Ayrıca Toplumda şahsiyet ve karakter eksikliğine yol açmaktadır. Kurana göre
Riya(gösteriş): Allaha ortak koşmakla eş tutulmuştur.
Bağımsız akıl yürütmeyi ‘heva ve heves’ olarak damgalayıp taklidi esas alan
anlayış hâkim olmuştur. Toplum doğru bir kader anlayışına sahip olmazsa fay
hattı üzerine çürük bina diktikten sonra depremde ölenler için ‘takdiri ilahi’
diye yorumlar.
Arabanın arkasına ‘Allah korusun’ yazısı taktıktan sonra gazı kökleyen ‘trafik
canavarları’ yolları kana bular. Yüce kitabımız Kuran’ı kerimde “İyiliği emir,
kötülükten men” emri olduğu halde kendisinin kurbanı olduğu suçluları
‘kader kurbanı’ olarak gören koca bir halk çıkıverir ortaya. Yaptıklarının
sonuçlarının sorumluluğunu Allah’a, devlete, sisteme, çevreye, kısacası
kendinden başka herkese yükleyen bir insan tipi ile baş başa kalırsınız.
Maturidi ’ye göre devlet adamının dini vasfı olmamalıdır. Eğer olursa halk onu
kutsallaştırır, yanlışlarını göremez olur. Hâlbuki devlet adamı doğruda veya
yanlış icraat yapabilir. Doğrular desteklenir. Yanlışlar eleştirilir. Dini vasfı
olduğu zaman Allah’ın kaderi’ olarak dayatırlar ve toplum onlara yine itaat
eder.
Günümüze yönelik olarak ise: Milletin vicdanından çıkmış milletvekillerini
halk meclise, kol indirme kaldırma makinası olarak göndermemiştir.
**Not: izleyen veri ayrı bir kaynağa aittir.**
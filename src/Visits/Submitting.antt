-- ===== src/Visits/Submitting.antt =====
-- `submit` of backend/src/ticketing/fsv/fsv.service.ts.
use mathlib.Core.Option
use proman_edge_ace.Prelude.{
  ℕ, true, not, ◌&&◌, Option, none, some, [], ◌∷◌, ltb, length, ◌==◌, nat_eq, get_or, is_some,
}
use proman_edge_ace.Prelude.Dict.{Dict}
use proman_edge_ace.Prelude.Text.{trim, is_blank, utf16_length}
use proman_edge_ace.Domain.Masters.{submitted, fsv_status_eq}
use proman_edge_ace.Domain.Logs.{NotifChannel}
use proman_edge_ace.Schema.{User, Ticket, Visit, Part, Photo}
use proman_edge_ace.Env.{Env}
use proman_edge_ace.Action.{
  Action, ◌>>=◌, ◌>>◌, pure, ask, gets, throw_some, first_error, run_if, with_some, bad_request,
  forbidden, Error,
}
use proman_edge_ace.Store.{find_ticket}
use proman_edge_ace.Store.Tables.{visit_table, find_row, update_row}
use proman_edge_ace.Workflow.{given}
use proman_edge_ace.Notifications.{Vars}
use proman_edge_ace.Tickets.Labels.{RequestUser}
use proman_edge_ace.Tickets.Announce.{Related, related_rows, send_named}
use proman_edge_ace.Visits.Editing.{parts_of, photos_of}

abbrev pub min_work_performed_length : ℕ
min_work_performed_length = 20

-- The guards of `submit`, in their order.
unfoldable pub submit_error : ℕ → Visit → RequestUser → Dict Part → Dict Photo → Option Error
submit_error id visit actor parts photos = first_error (
    (visit.status == submitted, bad_request "This Field Service Visit has already been submitted")
    ∷ (
      not (visit.engineer_id == actor.user_id),
      forbidden "Only the visiting engineer can submit this Field Service Visit",
    )
    ∷ (
      ltb (utf16_length (trim (get_or visit.work_performed ""))) min_work_performed_length,
      bad_request "Work performed must be at least 20 characters",
    )
    ∷ (
      ltb (length (parts_of id parts)) 1 && not visit.no_parts_used,
      bad_request "Log parts consumed, or explicitly confirm no parts were used",
    )
    ∷ (
      is_blank (trim (get_or visit.customer_rep_name "")),
      bad_request "Customer representative name is required",
    )
    ∷ (not visit.customer_sign_off, bad_request "Customer sign-off is required before submitting")
    ∷ (
      ltb (length (photos_of id photos)) 1,
      bad_request "At least one photo is required before submitting",
    )
    ∷ (
      not (is_some (given visit.visit_report_url)),
      bad_request "A scanned Service Report must be attached before submitting",
    )
    ∷ [])

abbrev pub submitted_row : Env → RequestUser → Visit → Visit
submitted_row env actor v = record v {
  status = submitted;
  submitted_at = some env.now;
  submitted_by = some actor.user_id;
}

abbrev pub submitted_vars : Ticket → Related → Vars
submitted_vars ticket r =
    ("ticket_no", ticket.ticket_no)
    ∷ (
      "engineer_name",
      get_or (Option.map (λ (u : ℕ × User). u.1.full_name) r.assigned_engineer) "Your engineer",
    )
    ∷ []

abbrev pub push_submitted : Vars → ℕ → ℕ × User → Action (Unit {0})
push_submitted vars ticket_id u =
    send_named "N-13" "N-13 FSV submitted" NotifChannel.push true u.1.email vars ticket_id
      (some u.0)

-- N-13
unfoldable pub notify_submitted : ℕ → Vars → Related → Action (Unit {0})
notify_submitted ticket_id vars r = do
  let email = r.customer.primary_contact_email
  let mobile = r.customer.primary_contact_mobile
  run_if (not (is_blank email))
      (send_named "N-13" "N-13 FSV submitted" NotifChannel.email true email vars ticket_id none)
  run_if (not (is_blank mobile))
      (send_named "N-13" "N-13 FSV submitted" NotifChannel.whatsapp true mobile vars ticket_id none)
  with_some r.assigned_asm (push_submitted vars ticket_id)

-- `submit` after its guards
unfoldable pub lock_visit : ℕ → RequestUser → ℕ → Ticket → Related → Action Visit
lock_visit id actor ticket_id ticket r = do
  env ← ask (λ env. env)
  done ← update_row visit_table id (submitted_row env actor)
  notify_submitted ticket_id (submitted_vars ticket r) r
  pure done

unfoldable pub submit : ℕ → RequestUser → Action Visit
submit id actor = do
  visit ← find_row visit_table id
  ticket ← find_ticket visit.ticket_id
  r ← related_rows ticket
  parts ← gets (λ db. db.parts)
  photos ← gets (λ db. db.photos)
  throw_some (submit_error id visit actor parts photos)
  lock_visit id actor visit.ticket_id ticket r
Ashabı
kiramın bir olay karşısında: Hz peygambere ilk sordukları soru: Bu söylediğiniz
bir vahiy mi? Yoksa sizin düşünceniz midir diye sormaları gibi kendi siyasi
parti liderlerini sorgulamak, doğrusuna doğru, eğrisine eğri demek, Dinin,
Allahın, kuranın bizzat isteğidir. Acaba parti liderleri, Hz peygamberden daha
yüksek bir manevi makamda mıdırlar? Fikirleri sorgulanamamakta ve tam tabi
olunmaktadır.
Hocasını taklit eden talebeler değil, okuyan, sorgulayan, hocasını geçebilen
talebeler yetiştiren, bireysel özgürlüğü esas alan bir anlayışı bilimsel
dünyamıza hâkim kılmalıyız. Bu sorgulama işi tam bir Muhammedi ahlaktır.
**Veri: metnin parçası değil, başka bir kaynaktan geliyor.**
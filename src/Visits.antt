-- ===== src/Visits.antt =====
-- Field service visits: backend/src/ticketing/fsv/fsv.service.ts.
pub mod Editing
pub mod Items
pub mod Submitting
pub mod Outcomes
pub mod Locked
pub mod Amounts
pub mod Resolving
use proman_edge_ace.Prelude.{ℕ, String, Option}
use proman_edge_ace.Action.{Action, ◌>>=◌, ◌>>◌, pure}
use proman_edge_ace.Tickets.Labels.{RequestUser}
unfoldable pub use Editing.*
unfoldable pub use Items.*
unfoldable pub use Submitting.*

-- What the application asks for.
pub data Request : Type 0 where
  creating : ℕ → CreateVisit → RequestUser → Request
  updating : ℕ → UpdateVisit → Request
  signing : ℕ → String → Request
  reporting : ℕ → String → Request
  adding_part : ℕ → AddPart → Request
  updating_part : ℕ → ℕ → UpdatePart → Request
  removing_part : ℕ → ℕ → Request
  adding_photo : ℕ → String → Option String → Request
  removing_photo : ℕ → ℕ → Request
  submitting : ℕ → RequestUser → Request

abbrev pub handle : Request → Action (Unit {0})
handle (creating ticket_id dto actor) = do create_draft ticket_id dto actor; pure tt
handle (updating id dto) = update id dto
handle (signing id url) = set_signature id url
handle (reporting id url) = set_report id url
handle (adding_part id dto) = add_part id dto
handle (updating_part id part_id dto) = update_part id part_id dto
handle (removing_part id part_id) = remove_part id part_id
handle (adding_photo id url caption) = add_photo id url caption
handle (removing_photo id photo_id) = remove_photo id photo_id
handle (submitting id actor) = do submit id actor; pure tt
Maturidi hidayeti ikiye ayırarak “Doğruyu görüp içinde olmak anlamındaki
hidayettir ki peygamberler ve müminleri kapsayan bu hidayettir. İkinci olarak
da doğruyu görüp bilmek anlamındaki hidayettir ki bu noktada bütün insanlık
aynıdır.” Maturidi’nin bu ikinci hidayet anlayışına göre bütün insanlık bilimsel
çalışmada aynıdır. Çalışan araştıran kim olursa yüce yaratıcı ona vermektedir.
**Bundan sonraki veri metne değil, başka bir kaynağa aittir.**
-- ===== src/Visits/Outcomes.antt =====
-- What `submit` of backend/src/ticketing/fsv/fsv.service.ts comes to.
use mathlib.Core.Path.{subst}
use proman_edge_ace.Prelude.{
  ℕ, ◌≤◌, ◌≡◌, sym, ◌∙◌, ap, ◌⊎◌, inl, inr, ◌↔◌, true, false, not, none, some, arith, Option-cases,
  some_or_none, length, get_or, is_some, nat_eq,
}
use proman_edge_ace.Prelude.Dict.{lookup, modify}
use proman_edge_ace.Prelude.Text.{trim, is_blank, utf16_length}
use proman_edge_ace.Domain.Masters.{draft, submitted, fsv_status_eq}
use proman_edge_ace.Domain.Logs.{NotifChannel}
use proman_edge_ace.Schema.{Db, Visit, Ticket, Customer}
use proman_edge_ace.Env.{Env}
use proman_edge_ace.Action.{ok, err, Error}
use proman_edge_ace.Store.Tables.{visit_table, change}
use proman_edge_ace.Workflow.{given}
use proman_edge_ace.Notifications.{Vars}
use proman_edge_ace.Notifications.Failsafe.{Quiet, Keeps, Quiet-bind, Quiet-run_if, Quiet-with_some}
use proman_edge_ace.Tickets.Labels.{RequestUser}
use proman_edge_ace.Tickets.Announce.{Related, related_rows, rows_of}
use proman_edge_ace.Tickets.Announce.Silence.{send_named-Quiet}
use proman_edge_ace.Visits.{
  submit, submit_error, submitted_row, submitted_vars, notify_submitted, parts_of, lock_visit,
  photos_of,
}

notify_submitted-Quiet :
    (ticket_id : ℕ) (vars : Vars) (r : Related) → Quiet (notify_submitted ticket_id vars r)
unfolding notify_submitted
notify_submitted-Quiet ticket_id vars r =
    let email = r.customer.primary_contact_email in
    let mobile = r.customer.primary_contact_mobile in
    Quiet-bind
      (Quiet-run_if (not (is_blank email)) (
        send_named-Quiet "N-13" "N-13 FSV submitted" NotifChannel.email true email vars ticket_id
          none))
      λ _.
        Quiet-bind
          (Quiet-run_if (not (is_blank mobile)) (
            send_named-Quiet "N-13" "N-13 FSV submitted" NotifChannel.whatsapp true mobile vars
              ticket_id none))
          λ _. Quiet-with_some r.assigned_asm λ u.
            send_named-Quiet "N-13" "N-13 FSV submitted" NotifChannel.push true u.1.email vars
              ticket_id (some u.0)

-- What a visit's report takes.
pub record MaySubmit (id : ℕ) (v : Visit) (actor : RequestUser) (db : Db) : Type 0 where
  pub open_yet : v.status ≡ draft
  pub is_theirs : v.engineer_id ≡ actor.user_id
  pub described : 20 ≤ utf16_length (trim (get_or v.work_performed ""))
  pub accounted : (1 ≤ length (parts_of id db.parts)) ⊎ (v.no_parts_used ≡ true)
  pub represented : is_blank (trim (get_or v.customer_rep_name "")) ≡ false
  pub signed_off : v.customer_sign_off ≡ true
  pub photographed : 1 ≤ length (photos_of id db.photos)
  pub attached : is_some (given v.visit_report_url) ≡ true

submit_error_iff :
    (id : ℕ) (v : Visit) (actor : RequestUser) (db : Db)
    → (submit_error id v actor db.parts db.photos ≡ none) ↔ MaySubmit id v actor db
unfolding submit_error
submit_error_iff id v actor db = (
  λ h. record {
    open_yet = ground arith;
    is_theirs = ground arith;
    described = ground arith;
    accounted = ground arith;
    represented = ground arith;
    signed_off = ground arith;
    photographed = ground arith;
    attached = ground arith;
  },
  λ m. ground (
    arith, m.open_yet, m.is_theirs, m.described, m.accounted, m.represented, m.signed_off,
    m.photographed, m.attached,
  ),
)

-- The rows that a visit's foreign keys lead to.
pub record OnFile (id : ℕ) (v : Visit) (t : Ticket) (c : Customer) (db : Db) : Type 0 where
  pub visit : lookup id db.visits ≡ some v
  pub ticket : lookup v.ticket_id db.tickets ≡ some t
  pub customer : lookup t.customer_id db.customers ≡ some c

-- A visit's row with the status, the time and the caller.
abbrev pub signed_in : Env → RequestUser → Visit → Visit
signed_in env actor v = record v {
  status = submitted;
  submitted_at = some env.now;
  submitted_by = some actor.user_id;
}

-- A visit's row written as submitted.
abbrev pub locked_db : ℕ → RequestUser → Env → Db → Db
locked_db id actor env db = change visit_table (modify id (signed_in env actor)) db

module _ (id : ℕ) (v : Visit) (t : Ticket) (c : Customer) (actor : RequestUser) (env : Env)
    (db : Db) where
  pub submit-refused :
      (e : Error)
      → OnFile id v t c db
      → submit_error id v actor db.parts db.photos ≡ some e
      → submit id actor env db ≡ (err e, db)
  unfolding submit related_rows
  submit-refused e rows bad = ground (arith, rows.visit, rows.ticket, rows.customer)

  submit-checked :
      OnFile id v t c db
      → submit_error id v actor db.parts db.photos ≡ none
      → submit id actor env db ≡ lock_visit id actor v.ticket_id t (rows_of db t c) env db
  unfolding submit related_rows
  submit-checked rows fine = ground (arith, rows.visit, rows.ticket, rows.customer)

  lock_visit-found :
      (r : Related)
      → lookup id db.visits ≡ some v
      → (db' : Db) × (lock_visit id actor v.ticket_id t r env db
          ≡ (ok (submitted_row env actor v), db'))
        × Keeps (locked_db id actor env db) db'
  unfolding lock_visit
  lock_visit-found r found =
      let (_, db', e, k) =
        (notify_submitted-Quiet v.ticket_id (submitted_vars t r) r).run env
          (locked_db id actor env db) in
      (db', ground (arith, found, e), k)

  -- The report of a visit that is on file with its ticket and its customer is accepted exactly when the
  -- visit is a draft of the caller's, the trimmed description has at least twenty characters, a part
  -- is logged or none is said to have been used, the customer's representative is named and has
  -- signed off, and a photo and the scanned report are there. The row then has the status
  -- SUBMITTED, the time and the caller, and is returned; apart from it there can only be new entries at the
  -- end of the two logs, and push tokens can be gone. The ticket is as it was.
  -- Otherwise it throws and writes nothing.
  pub submission_outcome :
      OnFile id v t c db
      → (MaySubmit id v actor db
          × ((db' : Db) × (submit id actor env db ≡ (ok (signed_in env actor v), db'))
              × Keeps (locked_db id actor env db) db'))
        ⊎ ((¬ MaySubmit id v actor db) × ((e : Error) × (submit id actor env db ≡ (err e, db))))
  submission_outcome rows = elim (Option-cases (submit_error id v actor db.parts db.photos)) [
    | inl fine ↦
        let (db', e, k) = lock_visit-found (rows_of db t c) rows.visit in
        inl ((submit_error_iff id v actor db).0 fine, (db', submit-checked rows fine ∙ e, k))
    | inr (e, bad) ↦ inr (
      λ m. absurd (
          some_or_none (submit_error id v actor db.parts db.photos) bad
            ((submit_error_iff id v actor db).1 m)),
      (e, submit-refused e rows bad),
    )
  ]

-- A row that a foreign key should lead to is missing.
module _ (id : ℕ) (actor : RequestUser) (env : Env) (db : Db) where
  no_visit : lookup id db.visits ≡ none → (submit id actor env db).1 ≡ db
  unfolding submit
  no_visit e = ground (arith, e)

  no_ticket :
      (v : Visit)
      → lookup id db.visits ≡ some v
      → lookup v.ticket_id db.tickets ≡ none
      → (submit id actor env db).1 ≡ db
  unfolding submit
  no_ticket v e f = ground (arith, e, f)

  no_customer :
      (v : Visit) (t : Ticket)
      → lookup id db.visits ≡ some v
      → lookup v.ticket_id db.tickets ≡ some t
      → lookup t.customer_id db.customers ≡ none
      → (submit id actor env db).1 ≡ db
  unfolding submit related_rows
  no_customer v t e f g = ground (arith, e, f, g)

-- `submit` writes nothing, or it writes the row of a draft.
pub submit-writes :
    (id : ℕ) (actor : RequestUser) (env : Env) (db : Db)
    → ((submit id actor env db).1 ≡ db)
      ⊎ ((v : Visit) × (lookup id db.visits ≡ some v)
          × (v.status ≡ draft)
          × Keeps (locked_db id actor env db) (submit id actor env db).1)
submit-writes id actor env db = elim (Option-cases (lookup id db.visits)) [
  | inl e ↦ inl (no_visit id actor env db e)
  | inr (v, e) ↦ elim (Option-cases (lookup v.ticket_id db.tickets)) [
    | inl f ↦ inl (no_ticket id actor env db v e f)
    | inr (t, f) ↦ elim (Option-cases (lookup t.customer_id db.customers)) [
      | inl g ↦ inl (no_customer id actor env db v t e f g)
      | inr (c, g) ↦
          elim (submission_outcome id v t c actor env db
            (record { visit = e; ticket = f; customer = g })) [
              | inl (may, (db', s, k)) ↦ inr (
                v,
                e,
                may.open_yet,
                subst (Keeps (locked_db id actor env db)) (sym (ap (λ r. r.1) s)) k,
              )
              | inr (_, (_, s)) ↦ inl (ap (λ r. r.1) s)
            ]
    ]
  ]
]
Sadece bu anlayış bile her bireyin ilim peşinde koşmasının bir delilidir.
Bugünkü Avrupa ile aramızdaki gelişmişlik farkının da göstergesidir.
Biz Kimiz
1.Türkiye Cumhuriyeti’nin tam bağımsızlığı ve bölünmez bütünlüğünü ilke
olarak benimser.
2.Kökleri dışarıda ve içeride olan herhangi bir siyasi ve dini oluşumla bağımız
ve bağlantımız yoktur.
3.Siyaset üstü anlayış ve amaçlara sahiptir. Dernek Yöneticilerinin herhangi
bir siyasi faaliyetde aktif olarak bulunması kabul edilemez. Herhangi bir siyasi
parti ve oluşumun övgüsünde ve yergisinde bulunamaz.
4.Unutulmaması gerekir ki: Türk Milliyetçiliğinin kökenleri 5000 yıllık bir
geçmişe sahiptir. Nasıl Türk milliyetçiliği herhangi bir partinin tekelinde
olması kabul edilemez ise, Yüce dinimizin kutsal değerlerinin herhangi bir
partinin koruması altına girmesi veya bir siyasi partinin dinimizi temsil etmesi
kabul edilemez.
5.Türk dünyasındaki ırkdaşlarımız ile olan ilişkilerimizde din, mezhep
konularında ayrımcılığa gitmeyiz. Türk dili, tarihi ve kültürünü kesintisiz bir
bütün olarak kabul eder. Türk Gençliği için Türk dili, tarihi ve kültürü bilgisi ve
bilinci oluşturmayı ilke alır.
6.Tek Amacımız Türk halkını üniversitelerimizde yer alan her alandan seçkin
ilim adamlarımızla buluşturup, Halk ile ilmi buluşturmaktır. Bu şekilde: Bir
bütün olarak din, mezhep, siyaset ayrımı olmadan bütün Türk dünyası ve Türk
milletinin önünde aydınlanma meşalesini yakmaktır.
7.Türk toplumunda aydınlanma meşalesini yakarak, taklit eden, kopyalayan
değil hakiki anlamda yeni Maturidiler, yeni İbni Sinalar, yeni Farabiler, yeni
Ahmet Yesevilerin yetişmesinin önünü açmaktır.
8.Bizler Maturidici değiliz. Maturidide bir insandır. Maturidide insan olarak
hata yapabilir. Amacımız: Tekrar yeni maturidileri İslam âlemine
kazandırılması için, fikirleri ve düşünceleri özgür gençler yetiştirmektir.